Sumpter: http://www.youtube.com/watch?v=MNHt8ZlnK4s&feature=channel

Rhb: http://www.youtube.com/watch?v=Q1JtiWn7keo&feature=channel

Check out some more videos, from Silvergate on youtube, they are quite nice.


I really miss the LGB site, where you could look at & hear all of their trains.

Has anyone found a web site, that has ALL their trains with sound on it (in english)?

Thanks Guys.


----------



## Charles (Jan 2, 2008)

LGB/Aster Frank S
One of the better productions by the joint venture, we have had two of them. The one that serves as our switcher is a fine engine


----------



## San Juan (Jan 3, 2008)

Having seen the Aster/LGB K-28 (#473) in person I can say it's a beautiful loco. And it includes some ingenious ways to help it make some tight radius curves. I'd love to own one myself, but finding one for sale is next to impossible. And when and if I do, it's going to cost anywhere from 4000-6000 dollars for one in mint/never run condition. Kind of pricey for one loco







but then I think of what some HO brass models sell for and it's actually not that bad a deal.

I didn't know Aster did a K-27 that a few mention. Are you sure you didn't mean the K-28? Or maybe you were referring to the Magnus K-27? Either of which I'd love to have. 

Since I'm discussing 1:22.5 D&RGW locos, the Kiss K-36 is also nice at least from what I've heard. Never seen one of those in person before.


----------



## Dave H (Jan 5, 2008)

Charles,

I too was not happy with the LGB GG-1, for the money USA trains & MTH are just as nice if NOT better.

I was going to buy 1 at Watts in Indiana, for $3000.

Instead, I bought a MTH GG-1, SP Daylight, Challenger ALL three for the price of 1 LGB.
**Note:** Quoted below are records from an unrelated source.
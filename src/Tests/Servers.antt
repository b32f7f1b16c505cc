-- ===== src/Tests/Servers.antt =====
-- Instances of the theorems on the server.
use ngrok.Prelude.{
  ℕ, ◌^◌, ◌<◌, true, false, [], ◌≡◌, ◌⊎◌, refl, Option, none, some, arith, length, inl, inr, All,
}
use ngrok.Prelude.Maps.{get}
use ngrok.Prelude.Text.{Text, text, text_dec, split}
use ngrok.Msg.{ReqTunnel}
use ngrok.Cache.Lru.{new_lru_cache}
use ngrok.Cache.Lru.View.{view}
use ngrok.Cache.Lru.Refine.{new_lru_cache-Shows}
use ngrok.Server.Registry.{
  TunnelRegistry, Owner, url_size, register_and_cache, register_repeat, get_tunnel, ip_key, id_key,
  get_cached_registration, del,
}
use ngrok.Server.Registry.Cached.{IsSound, known_url}
use ngrok.Server.Registry.Exclusive.{Registered, register_and_cache_lem}
use ngrok.Server.Registry.Repeat.{Assigns, tried_urls, register_repeat_lem}
use ngrok.Server.Registry.Affinity.{affinity_returns}
use ngrok.Server.Tunnel.State.{Client, Opened, Refusal}
use ngrok.Server.Tunnel.{new_tunnel, shutdown}
use ngrok.Server.Tunnel.Opening.{Opens, new_tunnel-Opens}
use ngrok.Server.Tunnel.Lifetime.{shutdown-new_tunnel}
use ngrok.Server.Control.{Control, register_tunnel, shutdown_all}
use ngrok.Server.Control.Tunnels.{shutdown_all-register_tunnel}
use ngrok.Tests.Bounds.{one_host, quiet, one_host-IsBounded}

abbrev no_tunnels : TunnelRegistry
no_tunnels = record { tunnels = []; affinity = new_lru_cache 1000 }

no_tunnels-IsSound : IsSound no_tunnels
no_tunnels-IsSound = (new_lru_cache-Shows text_dec url_size 1000 (omega arith)).valid

abbrev a_client : Client
a_client = record { ip = text "10.0.0.1"; id = text "c1" }

abbrev a_request : ReqTunnel
a_request = record {
  req_id = text "r1";
  protocol = text "http+https";
  hostname = [];
  subdomain = text "me";
  http_auth = [];
  remote_port = 0;
}

abbrev one_request : ReqTunnel
one_request = record a_request { protocol = text "http" }

abbrev a_control : Control
a_control = record {
  registry = no_tunnels;
  tunnels = [];
  out = [];
  shutdown = record { in_progress = false; begun = false; completed = false };
  last_ping = 0;
  next = 1;
}

abbrev describe : Refusal → Text
describe e = text "refused"

short_protocols : All (λ p. length p < 2 ^ 61) (split b'+' a_request.protocol)
unfolding split
short_protocols = (omega arith, (omega arith, tt))

shutdown_all-register_tunnel_example :
    (c' : Control) × (register_tunnel one_host quiet describe a_client a_request a_control
      ≡ some c')
    × ((q : Text) → get_tunnel q (shutdown_all c'.tunnels c'.registry) ≡ get_tunnel q no_tunnels)
shutdown_all-register_tunnel_example =
    shutdown_all-register_tunnel one_host quiet describe a_client one_host-IsBounded a_request
      a_control refl refl no_tunnels-IsSound short_protocols

new_tunnel-Opens_example :
    Opens 7 [] (new_tunnel one_host (quiet 0) 7 one_request a_client no_tunnels)
new_tunnel-Opens_example =
    new_tunnel-Opens one_host (quiet 0) (one_host-IsBounded 0) 7 one_request a_client no_tunnels
      (omega arith) no_tunnels-IsSound

shutdown-new_tunnel_example :
    (o : Opened) × (new_tunnel one_host (quiet 0) 7 one_request a_client no_tunnels ≡ some o)
    × ((url : Text) → get_tunnel url (shutdown o.tunnel o.registry).0 ≡ get_tunnel url no_tunnels)
shutdown-new_tunnel_example =
    shutdown-new_tunnel one_host (quiet 0) (one_host-IsBounded 0) 7 one_request a_client no_tunnels
      (omega arith) no_tunnels-IsSound

abbrev an_owner : Owner
an_owner = record {
  tunnel = 7;
  protocol = text "http";
  client_ip = text "10.0.0.1";
  client_id = text "c1";
}

abbrev a_url : Text
a_url = text "http://me.a.io"

register_and_cache_lem_example :
    ((u : ℕ) × (get_tunnel a_url no_tunnels ≡ some u)
      × (register_and_cache 5 a_url an_owner no_tunnels ≡ some (no_tunnels, false)))
    ⊎ ((r' : TunnelRegistry) × (register_and_cache 5 a_url an_owner no_tunnels ≡ some (r', true))
        × Registered a_url an_owner no_tunnels r')
register_and_cache_lem_example =
    register_and_cache_lem 5 a_url an_owner no_tunnels no_tunnels-IsSound (omega arith)

register_repeat_lem_example :
    (r' : TunnelRegistry) × (o : Option Text) × (cached : Text) × (register_repeat 5
        (λ i. a_url)
        an_owner
        no_tunnels
      ≡ some (r', o))
    × (cached
        ≡ known_url
            (get text_dec (id_key an_owner) (view no_tunnels.affinity))
            (get text_dec (ip_key an_owner) (view no_tunnels.affinity)))
    × IsSound r'
    × Assigns (tried_urls (λ i. a_url) cached) 7 [] r'.tunnels o
register_repeat_lem_example =
    register_repeat_lem 5 (λ i. a_url) an_owner (λ i. omega arith) no_tunnels no_tunnels-IsSound

registered_once :
    (r' : TunnelRegistry) × (register_and_cache 5 a_url an_owner no_tunnels ≡ some (r', true))
unfolding get_tunnel get
registered_once =
    elim (register_and_cache_lem 5 a_url an_owner no_tunnels no_tunnels-IsSound (omega arith)) [
      | inl (u, taken, e) ↦ absurd cc
      | inr (r', e, done) ↦ (r', e)
    ]

affinity_returns_example :
    (r'' : TunnelRegistry) × (get_cached_registration 9 an_owner (del a_url registered_once.0)
      ≡ some (r'', a_url))
    × (get_tunnel a_url r'' ≡ none)
unfolding new_lru_cache
affinity_returns_example =
    affinity_returns 5 9 a_url an_owner no_tunnels registered_once.0 no_tunnels-IsSound
      (omega arith) (omega arith) registered_once.1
Charles, is that a Paul Busse layout? 

What location is this?

http://www.appliedimagination.biz/


----------



## Charles (Jan 2, 2008)

Matt
Thanks for the note on my misplaced numeral via the keyboard....K28 is correct


Dave
Yes, it is located at the Morris Arboretum near King of Prussia PA. Great RR layout but restrictive with small radii.
The MTH GG1 is a great model at an outstanding price. The MTH GG1 can hold its own against the Fine Arts model.


----------



## stanman (Jan 4, 2008)

If you're as fascinated with Garratts as I am, take a look at this site: The Garratt Locomotive


----------



## jebouck (Jan 2, 2008)

LGB's Aster D&RGW Mike was a K28.

I own the WP Mike and so far am happy with it. It has many, many hours on it.
But having said that, the factory sound was not very good. 2 chuffs per revolution, among other things.
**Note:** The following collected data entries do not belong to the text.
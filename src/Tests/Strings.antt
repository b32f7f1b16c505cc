-- ===== src/Tests/Strings.antt =====
-- The text functions at inputs whose results Go's documentation fixes.
use ngrok.Prelude.{◌≡◌, refl, [], ◌∷◌, ◌++◌}
use ngrok.Prelude.Text.{text, split, split_n, trim_space, hex, decimal, trim_suffix, remove_first}

try_split : split b',' (text "a,,b") ≡ text "a" ∷ [] ∷ text "b" ∷ []
unfolding split
try_split = refl

try_split_n : split_n b':' 3 (text "a:b:c:d") ≡ text "a" ∷ text "b" ∷ text "c:d" ∷ []
unfolding split_n
try_split_n = refl

try_trim : trim_space (text "  a b \n") ≡ text "a b"
unfolding trim_space
try_trim = refl

try_hex : hex 255 ++ decimal 443 ≡ text "ff443"
unfolding hex decimal
try_hex = refl

try_suffix : trim_suffix (text "a.com:80") (text ":80") ≡ text "a.com"
unfolding trim_suffix
try_suffix = refl

try_remove : remove_first (text "http://") (text "http://a") ≡ text "a"
unfolding remove_first
try_remove = refl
I installed a Phoenix board with the EBT Mike sounds. 4 chuffs, beautiful whistle, etc.
And now it has an Air Wire, 14.4 battery on board. All the LGB electronics are gone.
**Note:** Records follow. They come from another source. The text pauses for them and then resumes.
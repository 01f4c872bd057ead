-- ===== src/Challenges/Played/Funds.antt =====
-- runtime/src/lib.rs, `type ChallengeBase = ZdChallenges`: the funds behind the games that are played
-- on a part of a storage.
use zero_dao_node.Base.{ℕ, ◌+◌, ◌≤◌, ◌<◌, ◌≡◌, inl, inr, Bool, Option, Option-cases, arith, u128}
use zero_dao_node.Base.DoubleMap.{sum_by, sum_by-insert}
use zero_dao_node.Base.Lens.{Lens}
use zero_dao_node.Dispatch.{Result, ok, Result-cases}
use zero_dao_node.Primitives.Metadata.{Metadata, ChallengeStatus, set_status}
use zero_dao_node.Support.Framed.{ReplyKeeps, NextKeeps, EvidenceKeeps, ArbitralKeeps}
use zero_dao_node.Support.Backed.{Covers, SameStaked, Backed}
use zero_dao_node.Challenges.{State, Config, metadata_of, set_status_of, or_default}
use zero_dao_node.Challenges.Methods.{
  arbitral_step, launch, harvest, examine, reply, evidence, next, arbitral,
}
use zero_dao_node.Challenges.Accounting.{
  amount, pooled, staked, mutate_metadata-ok, next_balance, examine_balance, reply_balance,
  evidence_balance, arbitral_balance,
}
use zero_dao_node.Challenges.Launch.{launch_lem}
use zero_dao_node.Challenges.Payout.{harvest_covers}
use zero_dao_node.Challenges.Played.{focus, unfocus, zd_challenges}

-- The pools of the games.
abbrev pub pools : {S W : Type 0} → Lens S (State W) → S → ℕ
pools games s = sum_by amount (games.get s).metadatas

module _ {S W : Type 0} (games : Lens S (State W)) (now : S → ℕ) (cfg : Config S)
    (games_staked : (g : State W) (s : S)
      → cfg.token.staked (games.set g s) ≡ cfg.token.staked s) where
  open cfg use {token, challenge_staking_amount}

  -- What a method does to the funds stays when the games are written back.
  back :
      (extra : ℕ) (s : S) (c : State S)
      → staked cfg (focus games now s) + pooled c
        ≤ staked cfg c + pooled (focus games now s) + extra
      → Covers (token.staked) (pools games) extra s (unfocus games now c)
  back extra s c covered = ground (
    arith,
    games_staked
        (record (games.get c.world) {
          metadatas = c.metadatas;
          last_at = c.last_at;
          events = c.events;
        })
        c.world,
    games.get-set
        (record (games.get c.world) {
          metadatas = c.metadatas;
          last_at = c.last_at;
          events = c.events;
        })
        c.world,
  )

  examine_covers :
      (app who target index : ℕ) (s s' : S)
      → (zd_challenges games now cfg).examine app who target index s ≡ ok s'
      → Covers (token.staked) (pools games) 0 s s'
  examine_covers app who target index s s' e =
      elim (Result-cases (examine cfg app who target index (focus games now s))) [
        | inr (x, failed) ↦ absurd (ground arith)
        | inl (c, done) ↦
            ground (
              arith,
              back 0 s c,
              examine_balance cfg app who target index (focus games now s) c done,
            )
      ]

  set_status_covers :
      (app target : ℕ) (status : ChallengeStatus) (s : S)
      → Covers
          (token.staked)
          (pools games)
          0
          s
          ((zd_challenges games now cfg).set_status app target status s)
  unfolding set_status_of
  set_status_covers app target status s =
      let m = set_status (or_default (metadata_of app target (focus games now s))) status in
      elim (Option-cases (metadata_of app target (focus games now s))) [
        | inl missing ↦ ground (
          arith,
          back 0 s (set_status_of app target status (focus games now s)),
          sum_by-insert amount app target m (games.get s).metadatas,
        )
        | inr (old, found) ↦ ground (
          arith,
          back 0 s (set_status_of app target status (focus games now s)),
          sum_by-insert amount app target m (games.get s).metadatas,
        )
      ]

  launch_covers :
      (app target : ℕ) (m : Metadata) (s s' : S)
      → token.staked s + challenge_staking_amount < u128
      → (zd_challenges games now cfg).launch app target m s ≡ ok s'
      → Covers (token.staked) (pools games) (amount m) s s'
  launch_covers app target m s s' room e =
      elim (Result-cases (launch cfg app target m (focus games now s))) [
        | inr (x, failed) ↦ absurd (ground arith)
        | inl (c, done) ↦
            let (_, _, sum) = launch_lem cfg app target 0 0 m (focus games now s) c room done in
            ground (arith, back (amount m) s c, sum)
      ]

  harvest_covered :
      (who app target : ℕ) (o : Option ℕ) (s s' : S)
      → (zd_challenges games now cfg).harvest who app target s ≡ ok (o, s')
      → Covers (token.staked) (pools games) 0 s s'
  harvest_covered who app target o s s' e =
      elim (Result-cases (harvest cfg who app target (focus games now s))) [
        | inr (x, failed) ↦ absurd (ground arith)
        | inl ((p, c), done) ↦
            ground
              (arith, back 0 s c, harvest_covers cfg who app target p (focus games now s) c done)
      ]

  reply_covers :
      (app who target total count : ℕ) (up : Bool → ℕ → ℕ → S → Result (ℕ × S)) (s s' : S)
      → ReplyKeeps (SameStaked (token.staked)) up
      → (zd_challenges games now cfg).reply app who target total count up s ≡ ok s'
      → Covers (token.staked) (pools games) 0 s s'
  reply_covers app who target total count up s s' kept e =
      elim (Result-cases (reply cfg app who target total count up (focus games now s))) [
        | inr (x, failed) ↦ absurd (ground arith)
        | inl (c, done) ↦
            let sum =
              reply_balance cfg app who target total count up (focus games now s) c
                (λ a i o t r did. kept a i o r.0 t r.1 did) done in
            ground (arith, back 0 s c, sum)
      ]

  next_covers :
      (app who target count : ℕ) (up : ℕ → ℕ → Bool → S → Result (ℕ × ℕ × S)) (s s' : S)
      → NextKeeps (SameStaked (token.staked)) up
      → (zd_challenges games now cfg).next app who target count up s ≡ ok s'
      → Covers (token.staked) (pools games) 0 s s'
  next_covers app who target count up s s' kept e =
      elim (Result-cases (next cfg app who target count up (focus games now s))) [
        | inr (x, failed) ↦ absurd (ground arith)
        | inl (c, done) ↦
            let sum =
              next_balance cfg app who target count up (focus games now s) c
                (λ a i all t r did. kept a i r.0 r.1 all t r.2 did) done in
            ground (arith, back 0 s c, sum)
      ]

  evidence_covers :
      (app who target : ℕ) (up : ℕ → ℕ → S → Result (Bool × S)) (o : Option ℕ) (s s' : S)
      → EvidenceKeeps (SameStaked (token.staked)) up
      → (zd_challenges games now cfg).evidence app who target up s ≡ ok (o, s')
      → Covers (token.staked) (pools games) 0 s s'
  evidence_covers app who target up o s s' kept e =
      elim (Result-cases (evidence cfg app who target up (focus games now s))) [
        | inr (x, failed) ↦ absurd (ground arith)
        | inl ((p, c), done) ↦
            let sum =
              evidence_balance cfg app who target up p (focus games now s) c
                (λ a i t r did. kept a i r.0 t r.1 did) done in
            ground (arith, back 0 s c, sum)
      ]

  arbitral_covers :
      (app who target : ℕ) (up : ℕ → ℕ → S → Result (Bool × Bool × ℕ × S)) (s s' : S)
      → token.staked s + challenge_staking_amount < u128
      → ArbitralKeeps (SameStaked (token.staked)) up
      → (zd_challenges games now cfg).arbitral app who target up s ≡ ok s'
      → Covers (token.staked) (pools games) 0 s s'
  unfolding arbitral
  arbitral_covers app who target up s s' room kept e =
      elim (Result-cases (arbitral cfg app who target up (focus games now s))) [
        | inr (x, failed) ↦ absurd (ground arith)
        | inl (c, done) ↦
            let f = arbitral_step cfg app who up in
            let (m, _, _, found, _, _) =
              mutate_metadata-ok app target f (focus games now s) c (ground arith) in
            let sum =
              arbitral_balance cfg app who target up m (focus games now s) c
                (λ a i t r did. kept a i r.2 r.0 r.1 t r.3 did) room found done in
            ground (arith, back 0 s c, sum)
      ]

  -- Whatever is played, the pools of the games grow by no more than the staked total and what a launch is
  -- given: each unit of a pool stays backed.
  pub zd_challenges-Backed :
      Backed (token.staked) (pools games) challenge_staking_amount (zd_challenges games now cfg)
  zd_challenges-Backed = record {
    framed = record {
      harvest_keeps = λ who app target o s s' e room. harvest_covered who app target o s s' e;
      examine_keeps =
          λ app who target index s s' e room. examine_covers app who target index s s' e;
      reply_keeps = λ app who target total count up s s' kept e room.
          reply_covers app who target total count up s s' kept e;
      next_keeps = λ app who target count up s s' kept e room.
          next_covers app who target count up s s' kept e;
      evidence_keeps =
          λ app who target up o s s' kept e room. evidence_covers app who target up o s s' kept e;
      arbitral_keeps =
          λ app who target up s s' kept e room. arbitral_covers app who target up s s' room kept e;
    };
    launch_covers = launch_covers;
    set_status_covers = set_status_covers;
  }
It's a driver, not a shelf queen. And that's what I will do with it until it craps out.
And then she will be rebuilt with all aftermarket motor and gears.



I'm not worried one bit......

jb


----------



## stanman (Jan 4, 2008)

Here's a short video of my LGB/Aster Garratt that I made today: Garratt Videohttp://www.stanstrains.com/GarrattVideo.htm


----------



## Spule 4 (Jan 2, 2008)

Posted By Dave H on 04/20/2009 11:46 AM


I really miss the LGB site, where you could look at & hear all of their trains.

Has anyone found a web site, that has ALL their trains with sound on it (in english)?

Thanks Guys.





http://www.champex-linden.de/lgb_produktdatenbank/

The wav files are there. Yes, the site is in German, but easy enough to sort out.....


----------



## dmk092 (Jan 5, 2008)

I prefer engines that are straight Aster by far. Asters are always up and running within 20 minutes of lighting the burner. Ive never had a good run with an LGB engine. I light them up and they just sit there..........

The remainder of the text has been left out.